American baseball player (born 1984)

Kevin Alexander Russo (born July 8, 1984) is a former professional baseball player. He played in Major League Baseball (MLB) for the New York Yankees in 2010.

==Early years==
Russo attended Fairview High School in Boulder, Colorado. As a running back on the Fairview High School football team, Russo rushed for 2,416 yards during his senior year, leading the team to a state title. He and LenDale White were named as the two all-state running backs by the Rocky Mountain News.

He attended San Jacinto College before transferring to Baylor University. At Baylor, he helped the Baylor Bears baseball team reach the 2005 College World Series. In 2005, he played collegiate summer baseball with the Wareham Gatemen of the Cape Cod Baseball League.

==Professional career==

===New York Yankees===
Russo was drafted by the Yankees in the 20th round (614th overall) of the 2006 Major League Baseball draft. In 2007, he was a Mid-Season All-Star with the Tampa Yankees. In 2009, he was named an International League All-Star and a Triple-A All-Star.

Following the 2009 season, Russo was added to the 40-man roster to protect him from the Rule 5 draft. He was called up to the major leagues for the first time on May 8, 2010. He recorded his first hit in the Majors on May 21, 2010, in an interleague game against the New York Mets and added the decisive two-run double later in the game to lead the Yankees to a 2–1 win over the Mets.
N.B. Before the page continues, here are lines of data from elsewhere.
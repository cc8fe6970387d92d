-- ===== src/Relayer/Route/Keys.antt =====
-- The keys that packages/relayer/src/routes reads from a body.
use b402_solana.Common.{Text, Bytes, Option, some, ok, ◌≡◌, arith}
use b402_solana.Relayer.Route.{to_key}

pub to_key_inv :
    (public_key : Text → Option Bytes) (name : Text) (key : Bytes)
    → to_key public_key name ≡ ok key
    → public_key name ≡ some key
unfolding to_key
to_key_inv public_key name key e = ground arith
The Yankees designated him for assignment on May 6, 2011, to make room for Jess Todd on the 40-man roster.

===Detroit Tigers===
On November 18, 2012, Russo signed a minor league deal with the Detroit Tigers with an invitation to spring training. Russo spent the 2013 season with the Toledo Mud Hens. He was re-signed for the 2014 season but was released by the end of March.

===Sugar Land Skeeters===
Russo signed with the Sugar Land Skeeters of the Atlantic League of Professional Baseball for the 2015 season. He became a free agent after the 2015 season.

==Coaching career==
After retiring, Russo has served as a coach and instructor for Slammers North.